Where Dask does well, though, is when handling hundreds of GB of data distributed across many machines. We were actually pleasantly surprised to see this level of performance on a single machine for only a 13 GB dataset. This is largely due to a number of recent improvements in Dask like Arrow strings, new shuffling algorithms, and query optimization (watch our webinar recording for more details on these engineering efforts).

Though many of these improvements are still under active development in the dask-expr project, Dask users can expect to see these changes in core Dask DataFrame soon.

How does Dask compare?

Amongst the other 1BRC Python submissions, Dask is pretty squarely in the middle. It’s faster than using Python’s multiprocessing (except for the PyPy3 implementation) and slower than DuckDB and Polars. This is not too surprising given Polars and DuckDB tend to be faster than Dask on a smaller scale, especially on a single machine.
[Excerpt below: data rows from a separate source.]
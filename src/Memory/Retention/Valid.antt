-- ===== src/Memory/Retention/Valid.antt =====
-- src/memory.rs: the store stays within its limits, whatever is read, removed or inserted.
use amalgam.Prelude.{
  ℕ, ◌≤◌, ◌≡◌, refl, sym, true, Option, none, some, List, [], arith, length, Option-cases, inl, inr,
}
use amalgam.Prelude.Assoc.{lookup}
use amalgam.Prelude.Maps.{distinct-insert, total-insert_same}
use amalgam.Prelude.Text.{Text, text_Eq}
use amalgam.Time.Timestamp.{Timestamp}
use amalgam.Memory.{MemoryLimits, fits, within, MemoryExpiry, RetirementReason}
use amalgam.Memory.Eviction.{Stored, entry_weight}
use amalgam.Memory.Retention.{
  Moment, Retention, new, take, get, retirement_reason, removed, remove_keys, remove_expired,
  dead_keys, expiry_reason, next_ticket,
}
use amalgam.Memory.Retention.Weights.{
  IsWeighed, IsPruned, take-IsWeighed, take-IsPruned, remove_keys-IsWeighed,
}

within-le : (l : Option ℕ) (m n : ℕ) → m ≤ n → within l n ≡ true → within l m ≡ true
within-le none m n h e = refl
within-le (some l) m n h e = ground arith

module _ {ℓ} {V : Type ℓ} where
  -- A store whose counted weight is that of its entries, and that is within its limits.
  pub record IsValid (r : Retention V) : Type ℓ where
    pub counted : IsWeighed r
    pub bounded : fits r.limits (length r.entries) r.weight ≡ true

  pub new-IsValid : (limits : MemoryLimits) (mode : MemoryExpiry) → IsValid (new limits mode)
  unfolding new
  new-IsValid limits mode = record {
    counted = record { keyed = refl; weighed = refl };
    bounded = ground (arith, within-le limits.entries 0, within-le limits.weight 0);
  }

  pub cleared-IsValid :
      (r : Retention V) (generation : ℕ)
      → IsValid r
      → IsValid (record r { generation = generation; entries = []; weight = 0 })
  cleared-IsValid r generation v = record {
    counted = record { keyed = refl; weighed = refl };
    bounded =
        let b = v.bounded in
        let n = within-le r.limits.entries 0 (length r.entries) in
        let w = within-le r.limits.weight 0 r.weight in ground arith;
  }

  pruned-IsValid : (r t : Retention V) → IsValid r → IsWeighed t → IsPruned r t → IsValid t
  pruned-IsValid r t v w p = record {
    counted = w;
    bounded =
        let b = v.bounded in
        let e = p.same_limits in
        let a = within-le r.limits.entries (length t.entries) (length r.entries) p.shorter in
        let c = within-le r.limits.weight t.weight r.weight p.lighter in ground arith;
  }

  pub take-IsValid : (r : Retention V) (k : Text) → IsValid r → IsValid (take r k).0
  take-IsValid r k v =
      pruned-IsValid r (take r k).0 v (take-IsWeighed r k v.counted) (take-IsPruned r k v.counted)

  removed-IsValid :
      (r : Retention V) (k : Text) (found : Option (Stored V))
      → lookup k r.entries ≡ found
      → IsValid r
      → IsValid (removed r k found)
  unfolding take
  removed-IsValid r k found e v = rw (sym e) (take-IsValid r k v)

  pub remove_keys-IsValid :
      (reason : Stored V → RetirementReason) (ks : List Text) (r : Retention V)
      → IsValid r
      → IsValid (remove_keys reason ks r).0
  remove_keys-IsValid reason ks r v =
      let (w, p) = remove_keys-IsWeighed reason ks r v.counted in
      pruned-IsValid r (remove_keys reason ks r).0 v w p

  pub remove_expired-IsValid :
      (at : Moment) (now : Option Timestamp) (r : Retention V)
      → IsValid r
      → IsValid (remove_expired at now r).0
  unfolding remove_expired
  remove_expired-IsValid at now r v =
      remove_keys-IsValid (expiry_reason at now) (dead_keys at now r.entries) r v

  -- A use changes an entry's ticket only.
  pub get-IsValid :
      (at : Moment) (now : Option Timestamp) (r : Retention V) (k : Text)
      → IsValid r
      → IsValid (get at now r k).0
  unfolding get take
  get-IsValid at now r k v = elim (Option-cases (lookup k r.entries)) [
    | inl e ↦ rw e (record {
      counted = record { keyed = v.counted.keyed; weighed = v.counted.weighed };
      bounded = v.bounded;
    })
    | inr (s, e) ↦ elim (Option-cases (retirement_reason at now s)) [
      | inl q ↦
          let used : Stored V = record s { access = next_ticket r.next_access } in
          let t = total-insert_same entry_weight k used r.entries s v.counted.keyed e refl in
          rw (e, q)
            (record {
              counted = record {
                keyed = distinct-insert k used r.entries v.counted.keyed;
                weighed = rw t.0 v.counted.weighed;
              };
              bounded = rw t.1 v.bounded;
            })
      | inr (why, q) ↦ rw (e, q) (removed-IsValid r k (some s) e v)
    ]
  ]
Bar chart comparing 1BRC runtime for various Python implementations.

1BRC challenge performance for Python implementations of Polars, DuckDB, Dask, and Spark. Polars and DuckDB values are copied from this repo.
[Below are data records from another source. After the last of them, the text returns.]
-- ===== src/Memory/Retention/Placement.antt =====
-- src/memory.rs: an insertion keeps the store within its limits.
use amalgam.Prelude.{
  ℕ, ◌+◌, ◌≡◌, true, none, some, List, arith, length, Option-cases, Bool-cases, inl, inr,
}
use amalgam.Prelude.Result.{ok, Result-cases}
use amalgam.Prelude.Assoc.{lookup, lookup-remove}
use amalgam.Prelude.Maps.{distinct-insert, total-remove, total-insert_new}
use amalgam.Prelude.Text.{Text, text_eq_iff, text_Eq}
use amalgam.Options.Values.{Priority}
use amalgam.Time.Timestamp.{Timestamp}
use amalgam.Memory.{fits, MemoryWriteEvent, CaptureAdmission, RetirementReason, Handle}
use amalgam.Memory.Eviction.{
  Stored, entry_weight, handle_weight, handle_priority, projection, projection_fits,
  eligible_victims, plan,
}
use amalgam.Memory.Eviction.Victims.{eligible_victims-IsBacked}
use amalgam.Memory.Retention.{Moment, Expected, Retention, take, removed, remove_keys, next_ticket}
use amalgam.Memory.Retention.Weights.{IsWeighed, removed-IsWeighed, remove_keys-IsWeighed}
use amalgam.Memory.Retention.Room.{projected, take_victims-fits}
use amalgam.Memory.Retention.Insert.{
  store, commit, expire_under_pressure, place_entry, insert_entry, accepts, advanced, kept_capture,
  deadline,
}
use amalgam.Memory.Retention.Valid.{IsValid, remove_expired-IsValid}

module _ {ℓ} {V : Type ℓ} where
  plan-fits :
      (reason : Stored V → RetirementReason) (r : Retention V) (key : Text) (w : ℕ)
      (priority : Priority) (ks : List Text)
      → IsWeighed r
      → plan r.limits r.entries r.weight key w priority ≡ ok ks
      → projection_fits (projected (remove_keys reason ks r).0 key w) r.limits ≡ true
  unfolding plan remove_keys
  plan-fits reason r key w priority ks v e =
      let cs = eligible_victims key priority r.entries in
      let (b, u) = eligible_victims-IsBacked key priority r.entries v.keyed in
      elim (Bool-cases (projection_fits (projected r key w) r.limits)) [
        | inl q ↦ ground (arith, q, e)
        | inr q ↦ take_victims-fits reason r.limits r key w cs ks v b u (ground (arith, q, e))
      ]

  inserted-IsValid :
      (at : Moment) (r : Retention V) (key : Text) (h : Handle V) (capture : CaptureAdmission)
      → IsWeighed r
      → lookup key r.entries ≡ none
      → fits r.limits (length r.entries + 1) (r.weight + handle_weight h) ≡ true
      → IsValid (store at r key h capture)
  unfolding store
  inserted-IsValid at r key h capture v e p =
      let s : Stored V = record {
        handle = h;
        access = next_ticket r.next_access;
        monotonic_expiration = deadline r.expiry_mode at h;
        capture = capture;
      } in
      let t = total-insert_new entry_weight key s r.entries e in
      record {
        counted = record {
          keyed = distinct-insert key s r.entries v.keyed;
          weighed = omega (arith, t.0, v.weighed);
        };
        bounded = rw t.1 p;
      }

  -- The candidate takes the place of what its key held.
  stored-IsValid :
      (at : Moment) (r : Retention V) (key : Text) (h : Handle V) (capture : CaptureAdmission)
      → IsWeighed r
      → projection_fits (projected r key (handle_weight h)) r.limits ≡ true
      → IsValid (store at (take r key).0 key h capture)
  unfolding take projection lookup
  stored-IsValid at r key h capture v p = elim (Option-cases (lookup key r.entries)) [
    | inl e ↦
        let f : fits r.limits (length r.entries + 1) (r.weight + handle_weight h) ≡ true =
          ground (arith, p, e) in
        rw e (inserted-IsValid at r key h capture v e f)
    | inr (s, e) ↦
        let left = removed r key (some s) in
        let t = total-remove entry_weight key r.entries s v.keyed e in
        let w : IsWeighed left = removed-IsWeighed r key (some s) e v in
        let g : lookup key left.entries ≡ none =
          ground (arith, lookup-remove key key r.entries, text_eq_iff key key) in
        let f : fits left.limits (length left.entries + 1) (left.weight + handle_weight h) ≡ true =
          ground (arith, p, e, t) in
        rw e (inserted-IsValid at left key h capture w g f)
  ]

  -- The plan's victims leave room, so that the commit of the plan is within the limits.
  pub commit-IsValid :
      (at : Moment) (r : Retention V) (key : Text) (h : Handle V) (victims : List Text)
      (capture : CaptureAdmission) (event : MemoryWriteEvent)
      → IsWeighed r
      → plan r.limits r.entries r.weight key (handle_weight h) (handle_priority h) ≡ ok victims
      → IsValid (commit at r key h victims capture event).0
  unfolding commit
  commit-IsValid at r key h victims capture event v e =
      let why : Stored V → RetirementReason = λ s. RetirementReason.capacity in
      let freed = (remove_keys why victims r).0 in
      let (w, p) = remove_keys-IsWeighed why victims r v in
      let room = plan-fits why r key (handle_weight h) (handle_priority h) victims v e in
      let kept = kept_capture (take freed key).1 event capture in
      stored-IsValid at freed key h kept w (rw p.same_limits room)

  pub expire_under_pressure-IsValid :
      (at : Moment) (r : Retention V) (key : Text) (weight : ℕ) (now : Timestamp)
      → IsValid r
      → IsValid (expire_under_pressure at r key weight now).0
  unfolding expire_under_pressure
  expire_under_pressure-IsValid at r key weight now v =
      let w = remove_expired-IsValid at (some now) r v in
      elim (Bool-cases (projection_fits (projected r key weight) r.limits)) [
        | inl q ↦ rw q v
        | inr q ↦ rw q w
      ]

  pub place_entry-IsValid :
      (at : Moment) (r : Retention V) (key : Text) (h : Handle V) (now : Timestamp)
      (capture : CaptureAdmission) (event : MemoryWriteEvent)
      → IsValid r
      → IsValid (place_entry at r key h now capture event).0
  unfolding place_entry
  place_entry-IsValid at r key h now capture event v =
      let cleared = (expire_under_pressure at r key (handle_weight h) now).0 in
      let w = expire_under_pressure-IsValid at r key (handle_weight h) now v in
      let p =
        plan cleared.limits cleared.entries cleared.weight key (handle_weight h)
          (handle_priority h) in
      elim (Result-cases p) [
        | inl (victims, q) ↦
            rw q (commit-IsValid at cleared key h victims capture event w.counted q)
        | inr (why, q) ↦ rw q w
      ]

  pub advanced-IsValid :
      (at : Moment) (r : Retention V) (expected : Expected V) (key : Text)
      → IsValid r
      → IsValid (advanced at r expected key)
  advanced-IsValid at r expected key v = record {
    counted = record { keyed = v.counted.keyed; weighed = v.counted.weighed };
    bounded = v.bounded;
  }

  -- The store stays within its limits whatever an insertion does: it is refused, it replaces what
  -- its key holds, or it takes the room of expired entries and of victims.
  pub insert_entry-IsValid :
      (at : Moment) (r : Retention V) (key : Text) (h : Handle V) (now : Timestamp)
      (expected : Expected V) (capture : CaptureAdmission) (event : MemoryWriteEvent)
      → IsValid r
      → IsValid (insert_entry at r key h now expected capture event).0
  unfolding insert_entry
  insert_entry-IsValid at r key h now expected capture event v =
      let moved = advanced at r expected key in
      let w = advanced-IsValid at r expected key v in
      elim (Bool-cases (accepts r expected (lookup key r.entries))) [
        | inr q ↦ rw q v
        | inl q ↦ elim (Bool-cases (fits r.limits 1 (handle_weight h))) [
          | inl f ↦ rw (q, f) (place_entry-IsValid at moved key h now capture event w)
          | inr f ↦ rw (q, f) w
        ]
      ]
We also ran the challenge for PySpark, which took ~2 minutes. We are by no means experts in this area though, and would welcome ideas for improvement. Here’s our implementation:

from pyspark.sql import SparkSession
from pyspark.sql.types import StructType, StructField, FloatType, StringType

spark = SparkSession.builder.master("local[*]").getOrCreate()
schema = StructType(
    [
        StructField("station", StringType(), True),
        StructField("measure", FloatType(), True),
    ]
)

df = spark.read.options(delimiter=";", header=False).csv(
    "repos/1brc/measurements.txt", schema=schema
)
df.createOrReplaceTempView("measurements")

query = """
SELECT station, MAX(measure) as max, MIN(measure) as min, AVG(measure) as mean
FROM measurements
GROUP BY station ORDER BY station;
"""

result = spark.sql(query).show()

TPC-H Benchmarks at Scale

Digging a little deeper into Dask performance, we see most computation time is spent on I/O. Yes, this challenge is for fun! But a comparison predominantly based on which tool is faster at reading a CSV into memory does have its limitations. We thought we’d mention some other more meaningful performance comparisons.

Screencast of the Dask dashboard running the 1BRC challenge. read_csv shown in purple, groupby-aggregation tasks shown in green.
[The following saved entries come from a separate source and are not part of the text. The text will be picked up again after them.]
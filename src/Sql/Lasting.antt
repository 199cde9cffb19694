-- ===== src/Sql/Lasting.antt =====
-- What other statements do to a key that resolves.
use production_ready_url_sho.Common.{
  ℕ, ◌≡◌, ◌∙◌, refl, ap, String, List, [], ◌∷◌, Option, none, some, map, All, false, arith,
  Bool-cases, inl, inr, ltb, chars, eq_iff,
}
use production_ready_url_sho.Model.{Url, IncomingRequest}
use production_ready_url_sho.Sql.{
  Command, insert_url, update_last_used, delete_unused, insert_request, Tables, execute,
  insert_into_urls, insert_into_requests, touch, has_id, has_live_key, as_inserted,
}
use production_ready_url_sho.Sql.Selecting.{find_live, find_live-none}

-- Every statement but the one of the cleanup.
abbrev pub Spares : Command → Type 0
Spares (insert_url u) = Unit
Spares (update_last_used at id) = Unit
Spares (delete_unused at cutoff) = ⊥
Spares (insert_request r) = Unit

-- Statements of any clients, one after the other.
unfoldable pub run_all : List Command → Tables → Tables
run_all [] t = t
run_all (c ∷ cs) t = run_all cs (execute c t).1

-- A key leads to a URL, by a row with an identifier.
pub record LeadsTo (key url id : String) (us : List Url) : Type 0 where
  pub row : Url
  pub found : find_live key us ≡ some row
  pub target : row.url ≡ url
  pub named : row.id ≡ id

unfoldable pub touched : ℕ → String → Option Url → Option Url
touched at id none = none
touched at id (some u) = some (touch at id u)

pub find_live-map-touch :
    (at : ℕ) (id key : String) (us : List Url)
    → find_live key (map (touch at id) us) ≡ touched at id (find_live key us)
unfolding find_live touched touch
find_live-map-touch at id key [] = refl
find_live-map-touch at id key (u ∷ us) = ground (arith, find_live-map-touch at id key us)

pub url-touch : (at : ℕ) (id : String) (row : Url) → (touch at id row).url ≡ row.url
unfolding touch
url-touch at id row = ground arith

pub id-touch : (at : ℕ) (who : String) (row : Url) → (touch at who row).id ≡ row.id
unfolding touch
id-touch at who row = ground arith

module _ (key url id : String) where
  LeadsTo-touch :
      (at : ℕ) (who : String) (us : List Url)
      → LeadsTo key url id us
      → LeadsTo key url id (map (touch at who) us)
  unfolding touched
  LeadsTo-touch at who us h = record {
    row = touch at who h.row;
    found = find_live-map-touch at who key us ∙ ap (touched at who) h.found;
    target = url-touch at who h.row ∙ h.target;
    named = id-touch at who h.row ∙ h.named;
  }

  -- A row that passes the checks of the `INSERT` does not stand before one that is found.
  LeadsTo-cons :
      (u : Url) (us : List Url)
      → has_live_key u.short_key us ≡ false
      → LeadsTo key url id us
      → LeadsTo key url id (as_inserted u ∷ us)
  unfolding find_live
  LeadsTo-cons u us room h =
      let missing = (find_live-none u.short_key us).1 room in
      record {
        row = h.row;
        found = ground (arith, eq_iff u.short_key key, missing, h.found);
        target = h.target;
        named = h.named;
      }

  LeadsTo-insert :
      (u : Url) (t : Tables)
      → LeadsTo key url id t.urls
      → LeadsTo key url id (insert_into_urls u t).1.urls
  unfolding insert_into_urls
  LeadsTo-insert u t h = elim (Bool-cases (ltb 11 (chars u.short_key))) [
    | inl long ↦ rw long h
    | inr fits ↦ elim (Bool-cases (has_id u.id t.urls)) [
      | inl taken ↦ rw (fits, taken) h
      | inr fresh ↦ elim (Bool-cases (has_live_key u.short_key t.urls)) [
        | inl full ↦ rw (fits, fresh, full) h
        | inr room ↦ rw (fits, fresh, room) (LeadsTo-cons u t.urls room h)
      ]
    ]
  ]

  requests-urls : (r : IncomingRequest) (t : Tables) → (insert_into_requests r t).1.urls ≡ t.urls
  unfolding insert_into_requests
  requests-urls r t = ground arith

  LeadsTo-execute :
      (c : Command) (t : Tables)
      → Spares c
      → LeadsTo key url id t.urls
      → LeadsTo key url id (execute c t).1.urls
  unfolding execute
  LeadsTo-execute (insert_url u) t fine h = LeadsTo-insert u t h
  LeadsTo-execute (update_last_used at who) t fine h = LeadsTo-touch at who t.urls h
  LeadsTo-execute (delete_unused at cutoff) t fine h = absurd fine
  LeadsTo-execute (insert_request r) t fine h = rw (requests-urls r t) h

  pub LeadsTo-run_all :
      (cs : List Command) (t : Tables)
      → All Spares cs
      → LeadsTo key url id t.urls
      → LeadsTo key url id (run_all cs t).urls
  unfolding run_all
  LeadsTo-run_all [] t fine h = h
  LeadsTo-run_all (c ∷ cs) t (fine, rest) h =
      LeadsTo-run_all cs (execute c t).1 rest (LeadsTo-execute c t fine h)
Dask dashboard during the 1BRC, most of the time is spent on read_csv tasks (purple).

We’ve recently run a more robust series of TPC-H benchmarks comparing Dask, Polars, Spark, and DuckDB ranging in scale from 10GB to 10TB. We ran these benchmarks on the cloud using Coiled, which makes it easy to run your Python code in the cloud. Coiled creates ephemeral VMs in cloud account that match your local environment and then cleans everything up when you’re done.

No project wins, and it’s interesting analyzing the results. We plan on digging into this more in another blog post soon, but for now we recommend watching this re-recording of the PyData NYC talk.

Run the challenge yourself

First, you’ll need to generate the dataset. For those who are also less familiar with Java, the setup instructions in Robin Moffat’s post are quite helpful.

Next, you’ll need a Python environment with latest version of dask and dask-expr installed:

pip install dask-expr "dask[complete]"

Then you can run the challenge for Dask, using dask_expr instead of dask.dataframe to try out the latest improvements:

from dask.distributed import Client
import dask_expr as dd # replaces dask.dataframe

client = Client()

df = dd.read_csv(
    "measurements.txt",
    sep=";",
    header=None,
    names=["station", "measure"],
    engine='pyarrow',
    dtype_backend='pyarrow'
)
df = df.groupby("station").agg(["min", "max", "mean"])
df.columns = df.columns.droplevel()
df = df.sort_values("station").compute()

Acknowledgments

Thanks to both of the earlier Python submissions from Matthew Aylward and Italo Nesi. And, of course, to Gunnar Morling for holding the challenge in the first place.